Does anyone have information as to how long we might have to wait?
She is South Korean and was on a student visa.
Its been so long that we actually plan to get married now (no need for the bloody visa!) but we wish to have a ceremony in Seoul in April. If the visa and passports are not returned soon I think we may have to withdraw our application just to get our passports back!

Please, any information or advice would be very welcome.

Thanks


----------



## Joppa (Sep 7, 2009)

Paulsaway said:


> Hi, my name is Paul. My girlfriend and I applied for our unmarried partnership visa at the end of august last year (2012). We have lived together for 3 years and have all the evidence to support it. In November my girlfriend was asked to provide her biometrics which she did in November. It is now January and we still have not heard from the UKBA?
> Does anyone have information as to how long we might have to wait?
> She is South Korean and was on a student visa.
> Its been so long that we actually plan to get married now (no need for the bloody visa!) but we wish to have a ceremony in Seoul in April. If the visa and passports are not returned soon I think we may have to withdraw our application just to get our passports back!


I'm afraid you are in for a long wait. Current processing time is 8-9 months (from biometrics). People are just getting processed who had their biometrics way back in April or May. Pity you didn't go for same-day premium service.


----------



## Paulsaway (Jan 4, 2013)

What! 9 months! our wedding is booked for april 7th! 
So if we ask to have our passports back how long might it take?
And then after the wedding I guess we would have to apply for a spouse visa? Could my girlfriend apply on her return from our trip? I guess she would only be able to return on a holiday visa?
Are there any other options?

Thank you so much for your help.

Wow thats bad news


----------



## Joppa (Sep 7, 2009)

Paulsaway said:


> What! 9 months! our wedding is booked for april 7th!
> So if we ask to have our passports back how long might it take?


Usually within 2 weeks.



> And then after the wedding I guess we would have to apply for a spouse visa? Could my girlfriend apply on her return from our trip? I guess she would only be able to return on a holiday visa?
> Are there any other options?


She will have to apply for her spouse visa in Korea. She can come as a visitor, but she will then have to go home to apply for settlement visa. If she is going to do that, she needs evidence that she won't overstay as visitor and will return to Korea to apply for her visa, such as return ticket, ties in Korea and sufficient finance not to be tempted to work illegally.


----------



## Paulsaway (Jan 4, 2013)

Would it be possible to return the passports and make a new premium application before april?


----------



## Joppa (Sep 7, 2009)

Paulsaway said:


> Would it be possible to return the passports and make a new premium application before april?

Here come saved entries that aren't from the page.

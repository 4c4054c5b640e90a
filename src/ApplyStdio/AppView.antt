-- ===== src/ApplyStdio/AppView.antt =====
-- apply-stdio/src/lib.rs, second half: the messages of the pipeline, and the state machine that
-- folds them into what the terminal shows.
use lusid.Base.{
  ℕ, Bool, true, false, Option, some, none, List, map, get_elem?, set, String, Result, ok, err,
  ◌>>=◌,
}
use Prim.Native.String.{◌++◌ as ◌<>◌}
use lusid.View.{View, ViewTree}
use lusid.ApplyStdio.FlatView.{
  FlatViewTree, FlatViewTreeError, complete, from_view_tree_completed, replace_subtree_completed,
  set_leaf_started, set_leaf_view, set_node_none, template,
}

-- The index of an operation: its epoch, and its place in the epoch.
abbrev pub OpIndex : Type 0
OpIndex = ℕ × ℕ

pub data AppUpdate : Type 0 where
  resource_params : ViewTree → AppUpdate
  resources_start : AppUpdate
  resources_node : ℕ → ViewTree → AppUpdate
  resources_complete : AppUpdate
  resource_states_start : AppUpdate
  resource_states_node_start : ℕ → AppUpdate
  resource_states_node_complete : ℕ → View → AppUpdate
  resource_states_complete : AppUpdate
  resource_changes_start : AppUpdate
  resource_changes_node : ℕ → Option View → AppUpdate
  resource_changes_complete : (has_changes : Bool) → AppUpdate
  operations_start : AppUpdate
  operations_node : ℕ → ViewTree → AppUpdate
  operations_complete : AppUpdate
  operations_apply_start : List (List View) → AppUpdate
  operation_apply_start : OpIndex → AppUpdate
  operation_apply_stdout : OpIndex → String → AppUpdate
  operation_apply_stderr : OpIndex → String → AppUpdate
  operation_apply_complete : OpIndex → (error : Option String) → AppUpdate
  operations_apply_complete : AppUpdate

pub record OperationView : Type 0 where
  pub label : View
  pub stdout : String
  pub stderr : String
  pub is_complete : Bool
  pub error : Option String

-- `OperationView::new`
unfoldable pub new_operation : View → OperationView
new_operation label = record {
  label = label;
  stdout = "";
  stderr = "";
  is_complete = false;
  error = none;
}

abbrev pub Epochs : Type 0
Epochs = List (List OperationView)

-- The trees that the phases have in common, each phase one more. The source repeats the fields in
-- every variant.
pub record ResourcesData : Type 0 where
  pub resource_params : FlatViewTree
  pub resources : FlatViewTree

pub record StatesData : Type 0 where
  pub resource_params : FlatViewTree
  pub resources : FlatViewTree
  pub resource_states : FlatViewTree

pub record ChangesData : Type 0 where
  pub resource_params : FlatViewTree
  pub resources : FlatViewTree
  pub resource_states : FlatViewTree
  pub resource_changes : FlatViewTree
  pub has_changes : Option Bool

pub record OperationsData : Type 0 where
  pub resource_params : FlatViewTree
  pub resources : FlatViewTree
  pub resource_states : FlatViewTree
  pub resource_changes : FlatViewTree
  pub has_changes : Option Bool
  pub operations_tree : FlatViewTree

pub record ApplyData : Type 0 where
  pub resource_params : FlatViewTree
  pub resources : FlatViewTree
  pub resource_states : FlatViewTree
  pub resource_changes : FlatViewTree
  pub has_changes : Option Bool
  pub operations_tree : FlatViewTree
  pub operations_epochs : Epochs

pub data AppView : Type 0 where
  start : AppView
  params : (resource_params : FlatViewTree) → AppView
  resources : ResourcesData → AppView
  resource_states : StatesData → AppView
  resource_changes : ChangesData → AppView
  operations : OperationsData → AppView
  operations_apply : ApplyData → AppView
  done : ApplyData → AppView

-- The source formats the state and the update into text; here they are kept as they are.
pub data AppViewError : Type 0 where
  invalid_transition : (from : AppView) (update : AppUpdate) → AppViewError
  flat_tree : FlatViewTreeError → AppViewError
  operation_index_out_of_bounds : ℕ → ℕ → AppViewError

-- `?` on a tree operation: its error is wrapped.
abbrev pub on_tree :
    Result FlatViewTreeError FlatViewTree → (FlatViewTree → AppView) → Result AppViewError AppView
on_tree (ok t) k = ok (k t)
on_tree (err e) k = err (flat_tree e)

unfoldable pub update_resources : ResourcesData → AppUpdate → Result AppViewError AppView
update_resources d (resources_node index tree) =
    ok (resources (record d { resources = replace_subtree_completed d.resources index tree }))
update_resources d resources_complete = ok (resources d)
update_resources d resource_states_start = ok (
    resource_states (record {
      resource_params = d.resource_params;
      resources = d.resources;
      resource_states = template d.resources;
    }))
update_resources d update = err (invalid_transition (resources d) update)

unfoldable pub update_resource_states : StatesData → AppUpdate → Result AppViewError AppView
update_resource_states d (resource_states_node_start index) =
    on_tree (set_leaf_started d.resource_states index)
      (λ t. resource_states (record d { resource_states = t }))
update_resource_states d (resource_states_node_complete index node) =
    on_tree (set_leaf_view d.resource_states index (complete node))
      (λ t. resource_states (record d { resource_states = t }))
update_resource_states d resource_states_complete = ok (resource_states d)
update_resource_states d resource_changes_start = ok (
    resource_changes (record {
      resource_params = d.resource_params;
      resources = d.resources;
      resource_states = d.resource_states;
      resource_changes = template d.resource_states;
      has_changes = none;
    }))
update_resource_states d update = err (invalid_transition (resource_states d) update)

unfoldable pub update_resource_changes : ChangesData → AppUpdate → Result AppViewError AppView
update_resource_changes d (resource_changes_node index (some view)) =
    on_tree (set_leaf_view d.resource_changes index (complete view))
      (λ t. resource_changes (record d { resource_changes = t }))
update_resource_changes d (resource_changes_node index none) =
    ok (resource_changes (record d { resource_changes = set_node_none d.resource_changes index }))
update_resource_changes d (resource_changes_complete has_changes) =
    ok (resource_changes (record d { has_changes = some has_changes }))
update_resource_changes d operations_start = ok (
    operations (record {
      resource_params = d.resource_params;
      resources = d.resources;
      resource_states = d.resource_states;
      resource_changes = d.resource_changes;
      has_changes = d.has_changes;
      operations_tree = template d.resource_changes;
    }))
update_resource_changes d update = err (invalid_transition (resource_changes d) update)

unfoldable pub update_operations : OperationsData → AppUpdate → Result AppViewError AppView
unfolding new_operation
update_operations d (operations_node index tree) = ok (
    operations
      (record d { operations_tree = replace_subtree_completed d.operations_tree index tree }))
update_operations d operations_complete = ok (operations d)
update_operations d (operations_apply_start epochs) = ok (
    operations_apply (record {
      resource_params = d.resource_params;
      resources = d.resources;
      resource_states = d.resource_states;
      resource_changes = d.resource_changes;
      has_changes = d.has_changes;
      operations_tree = d.operations_tree;
      operations_epochs = map (map new_operation) epochs;
    }))
update_operations d update = err (invalid_transition (operations d) update)

-- `get_mut(e)?.get_mut(o)?` and a write through the reference.
unfoldable pub with_operation :
    Epochs → OpIndex → (OperationView → OperationView) → Result AppViewError Epochs
with_operation epochs (e, o) write = elim (get_elem? epochs e) [
  | none ↦ err (operation_index_out_of_bounds e o)
  | some epoch ↦ elim (get_elem? epoch o) [
    | none ↦ err (operation_index_out_of_bounds e o)
    | some op ↦ ok (set epochs e (set epoch o (write op)))
  ]
]

-- What the four messages about one operation write.
unfoldable pub begin : OperationView → OperationView
begin op = record op { stdout = ""; stderr = ""; is_complete = false }

unfoldable pub push_stdout : String → OperationView → OperationView
push_stdout text op = record op { stdout = (op.stdout <> text) <> "\n" }

-- The line break goes to `stdout`, as in the source.
unfoldable pub push_stderr : String → OperationView → OperationView
push_stderr text op = record op { stdout = op.stdout <> "\n"; stderr = op.stderr <> text }

unfoldable pub finish : Option String → OperationView → OperationView
finish error op = record op { is_complete = true; error = error }

abbrev pub on_operation :
    ApplyData → OpIndex → (OperationView → OperationView) → Result AppViewError AppView
on_operation d index write = with_operation d.operations_epochs index write >>= λ epochs.
    ok (operations_apply (record d { operations_epochs = epochs }))

unfoldable pub update_operations_apply : ApplyData → AppUpdate → Result AppViewError AppView
update_operations_apply d (operation_apply_start index) = on_operation d index begin
update_operations_apply d (operation_apply_stdout index text) =
    on_operation d index (push_stdout text)
update_operations_apply d (operation_apply_stderr index text) =
    on_operation d index (push_stderr text)
update_operations_apply d (operation_apply_complete index error) =
    on_operation d index (finish error)
update_operations_apply d operations_apply_complete = ok (done d)
update_operations_apply d update = err (invalid_transition (operations_apply d) update)

-- `AppView::update`
unfoldable pub update : AppView → AppUpdate → Result AppViewError AppView
update start (resource_params tree) = ok (params (from_view_tree_completed tree))
update (params tree) resources_start =
    ok (resources (record { resource_params = tree; resources = template tree }))
update (resources d) u = update_resources d u
update (resource_states d) u = update_resource_states d u
update (resource_changes d) u = update_resource_changes d u
update (operations d) u = update_operations d u
update (operations_apply d) u = update_operations_apply d u
update view u = err (invalid_transition view u)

Yes, if you like. But make sure you can secure an appointment before asking for passport back.


----------



## Paulsaway (Jan 4, 2013)

What about a fiance visa. Would that be quicker?


----------



## Paulsaway (Jan 4, 2013)

Also, how long from the return of the passports would my girlfriend have to leave the country? During this period would we be able to get married in the uk?


----------



## Joppa (Sep 7, 2009)

If her student has already expired, she will have to leave the country more or less straightaway (say within 2 weeks of getting passport back) so won't be able to apply for another leave through PEO. So applying for spouse visa in Korea following your marriage seems the best way.


----------



## Paulsaway (Jan 4, 2013)

Could we not get married here in uk during the 2 weeks before she has to leave?


----------



## Joppa (Sep 7, 2009)

Paulsaway said:


> Could we not get married here in uk during the 2 weeks before she has to leave?


To marry while on an expired visa is against immigration rules, so not recommended.


----------



## Paulsaway (Jan 4, 2013)

And if we got married in korea how long would it take before she could return to the uk?


----------